Suara rendahnya menarik atensi, seketika mereka terdiam kembali saling lirik dengan nyali menciut.
"Julian, apa kau akan membunuh kami semua? Kau merasa dirimu bukan ancaman, tapi lihatlah sekarang?!" seru Font.
Meski tidak bisa di pungkiri dia juga merasakan ketakutan yang luar biasa setelah meneriakan kalimatnya, apa lagi saat Julian menjatuhkan titik fokus padanya. Seolah tubuh Font bukan miliknya lagi, sulit sekali untuk bergerak meski hanya seujung kuku, terasa begitu kaku.
"Aku bosan mendengar pertanyaan yang sama."
Petir hitam menyambar Font, menjadikannya daging panggang gosong. Kumpulan itu menyebar sebelum petir ikut menyerempet sekeliling, mereka saling menjaga jarak. Kali ini, mereka harus menjaga lisan kalau tidak ingin mati cepat seperti yang sudah-sudah.
"Kau terlalu lama, Felix. Apa yang sedang kau tunggu sebenarnya?" gumam seseorang yang sedari tadi menyaksikan.

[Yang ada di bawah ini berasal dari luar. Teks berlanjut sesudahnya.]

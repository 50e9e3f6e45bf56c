-- ===== src/Prometheus/Served.antt =====
-- The plugin over any history of metrics received and checks made, each whole. ReceiveMetric runs under the
-- plugin's lock and a check under that of its process, so that the code lets them overlap: a check between
-- the registration of a collector and its first metric is not among these histories.
use sg_core.Prelude.{
  is_some, ℕ, ==_iff, ◌≡◌, refl, sym, ap, ◌∙◌, Bool, true, false, not, List, [], ◌∷◌, ◌++◌,
  map-append, length, Option, none, some, Option-cases, inl, inr, ℤ, arith,
}
use sg_core.Data.{Metric}
use sg_core.Prometheus.Expiry.{
  ExpiryProc, check, check_loop, check_entry, register, new_expiry_proc,
}
use sg_core.Prometheus.Collector.{PromCollector}
use sg_core.Prometheus.Application.{
  Prometheus, MetricEntry, new_prometheus, load, load_proc, store, registers, collector_for,
  register_collector, enlist_collector, must_register, receive_metric, entry_expired, entry_delete,
  check_interval, check_collectors,
}
use sg_core.Prometheus.Collectors.{
  load-store, among-append, OnceEach-append, requested, after_call, requested-append, Enlisted,
}
use sg_core.Prometheus.Emptied.{check_collectors-exact}

module _ {F : Type 0} where
  -- What neither adds nor deletes a collector keeps the collectors enlisted.
  Enlisted-same :
      (cs : List (ℕ × PromCollector F)) (procs : List (ℤ × ExpiryProc MetricEntry))
      (p : Prometheus F)
      → ((d : ℕ) → is_some (load d cs) ≡ is_some (load d p.collectors))
      → Enlisted p
      → Enlisted (record p { collectors = cs; metric_expiry_procs = procs })
  Enlisted-same cs procs p h e = record {
    dims = e.dims;
    listed = e.listed;
    once_each = e.once_each;
    matching = λ d. e.matching d ∙ sym (h d);
    requests = λ d. e.requests d ∙ sym (h d);
  }

  entry_delete-same :
      (e : MetricEntry) (cs : List (ℕ × PromCollector F)) (d : ℕ)
      → is_some (load d (entry_delete e cs).0) ≡ is_some (load d cs)
  unfolding entry_delete
  entry_delete-same e cs d = grind (arith, ==_iff e.dimension d, load-store)

  module _ (now : ℕ) (interval : ℤ) where
    check_entry-same :
        (e : Option MetricEntry) (cs : List (ℕ × PromCollector F)) (d : ℕ)
        → is_some (load d (check_entry (entry_expired now) entry_delete interval e cs).0)
          ≡ is_some (load d cs)
    unfolding check_entry
    check_entry-same none cs d = refl
    check_entry-same (some e) cs d = ground (arith, entry_delete-same e cs d)

    check_loop-same :
        (es : List (Option MetricEntry)) (cs : List (ℕ × PromCollector F)) (d : ℕ)
        → is_some (load d (check_loop (entry_expired now) entry_delete interval es cs).1)
          ≡ is_some (load d cs)
    unfolding check_loop
    check_loop-same [] cs d = refl
    check_loop-same (e ∷ es) cs d = ground (
      arith,
      check_entry-same e cs d,
      check_loop-same es (check_entry (entry_expired now) entry_delete interval e cs).0 d,
    )

  check_interval-Enlisted :
      (now : ℕ) (interval : ℤ) (p : Prometheus F)
      → Enlisted p
      → Enlisted (check_interval now interval p)
  unfolding check_interval check
  check_interval-Enlisted now interval p e =
      elim (Option-cases (load_proc interval p.metric_expiry_procs)) [
        | inl h ↦ rw (h, check_interval) e
        | inr (ep, h) ↦
            rw (h, check_interval)
              (Enlisted-same _ _ p (check_loop-same now ep.interval ep.entries p.collectors) e)
      ]

  -- A new collector is enlisted and registered; one that is known is neither.
  register_collector-Enlisted :
      (k : ℕ) (b : Bool) (pc : PromCollector F) (p : Prometheus F)
      (procs : List (ℤ × ExpiryProc MetricEntry))
      → b ≡ not (is_some (load k p.collectors))
      → Enlisted p
      → Enlisted (record (register_collector k b p) {
        collectors = store k pc p.collectors;
        metric_expiry_procs = procs;
      })
  unfolding register_collector enlist_collector must_register register
  register_collector-Enlisted k false pc p procs h e = record {
    dims = e.dims;
    listed = e.listed;
    once_each = e.once_each;
    matching = λ d. ground (arith, ==_iff k d, load-store k d pc p.collectors, e.matching d, h);
    requests = λ d. ground (arith, ==_iff k d, load-store k d pc p.collectors, e.requests d, h);
  }
  register_collector-Enlisted k true pc p procs h e = record {
    dims = e.dims ++ k ∷ [];
    listed = ap (λ l. l ++ some k ∷ []) e.listed ∙ sym (map-append some e.dims (k ∷ []));
    once_each = OnceEach-append k e.dims (ground (arith, e.matching k, h)) e.once_each;
    matching =
        λ d. ground (arith, load-store k d pc p.collectors, among-append d k e.dims, e.matching d);
    requests = λ d.
        unfold after_call in
        ground (
          arith,
          load-store k d pc p.collectors,
          requested-append d false p.registry_calls (registers k),
          e.requests d,
        );
  }

  collector_for-new :
      (k : ℕ) (p : Prometheus F) → (collector_for k p).1 ≡ not (is_some (load k p.collectors))
  unfolding collector_for
  collector_for-new k p = ground arith

  receive_metric-Enlisted :
      (now : ℕ) (m : Metric F) (p : Prometheus F) → Enlisted p → Enlisted (receive_metric now m p)
  unfolding receive_metric
  receive_metric-Enlisted now m p e =
      register_collector-Enlisted (length m.label_keys) _ _ p _
        (collector_for-new (length m.label_keys) p) e

pub data Call (F : Type 0) : Type 0 where
  receives : ℕ → Metric F → Call F
  checks_metrics : ℕ → ℤ → Call F
  checks_collectors : Call F

module _ {F : Type 0} where
  unfoldable pub step : Call F → Prometheus F → Prometheus F
  step (receives now m) p = receive_metric now m p
  step (checks_metrics now interval) p = check_interval now interval p
  step checks_collectors p = check_collectors p

  unfoldable pub run : List (Call F) → Prometheus F → Prometheus F
  unfolding step
  run [] p = p
  run (c ∷ cs) p = run cs (step c p)

  step-Enlisted : (c : Call F) (p : Prometheus F) → Enlisted p → Enlisted (step c p)
  unfolding step
  step-Enlisted (receives now m) p e = receive_metric-Enlisted now m p e
  step-Enlisted (checks_metrics now interval) p e = check_interval-Enlisted now interval p e
  step-Enlisted checks_collectors p e = (check_collectors-exact p e).1

  -- If the entries that expire collectors are the collectors, each once, and these are the numbers of labels
  -- for which the last call of the registry is MustRegister, as it is at the start, then so it is after any
  -- history of metrics received and of checks that do not overlap.
  pub run-Enlisted : (cs : List (Call F)) (p : Prometheus F) → Enlisted p → Enlisted (run cs p)
  unfolding run
  run-Enlisted [] p e = e
  run-Enlisted (c ∷ cs) p e = run-Enlisted cs (step c p) (step-Enlisted c p e)

  pub new_prometheus-Enlisted : Enlisted {F = F} new_prometheus
  unfolding new_prometheus new_expiry_proc load requested
  new_prometheus-Enlisted = record {
    dims = [];
    listed = refl;
    once_each = tt;
    matching = λ d. refl;
    requests = λ d. refl;
  }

Dari balik pelindung dia terus melihat bagaimana Julian mempermainkan mereka semua, padahal jika Julian langsung melenyapkan semuanya, maka akan lebih cepat selesai.
"Hahh, begitu, ya? Kau ingin melihat mereka menderita ketakutan dan memandang dirimu sebagai kematian."
"Sudah selesai, aku tidak lagi mau membuang waktu," desis Julian.
Julian menarik pangkal pedang dengan tangan kirinya, mengusapnya pelan tanpa mengalihkan perhatian dari mereka. Kelam, pancaran yang terpantul dari iris merahnya sebegitu mengerikan.
Sebelum pedang itu berayun menebas seluruhnya, ia mengarahkan bola matanya ke atas setelah memandang Reno beberapa detik, bersamaan dengan itu Reno terangkat melayang di udara, tubuhnya meliuk tak terkendali. Reno tidak bisa mengendalikan diri, beberapa kali tubuhnya menghantam dinding pelindung.
Mengabaikannya, Julian kembali pada sekumpulan orang yang kini berhamburan ke setiap sudut, memukulnya sekencang mungkin berharap bisa memecahkan kaca hitam yang mengurung mereka. Ada pula yang menggunakan benda tumpul untuk menghancurkannya, hasilnya tetap saja percuma.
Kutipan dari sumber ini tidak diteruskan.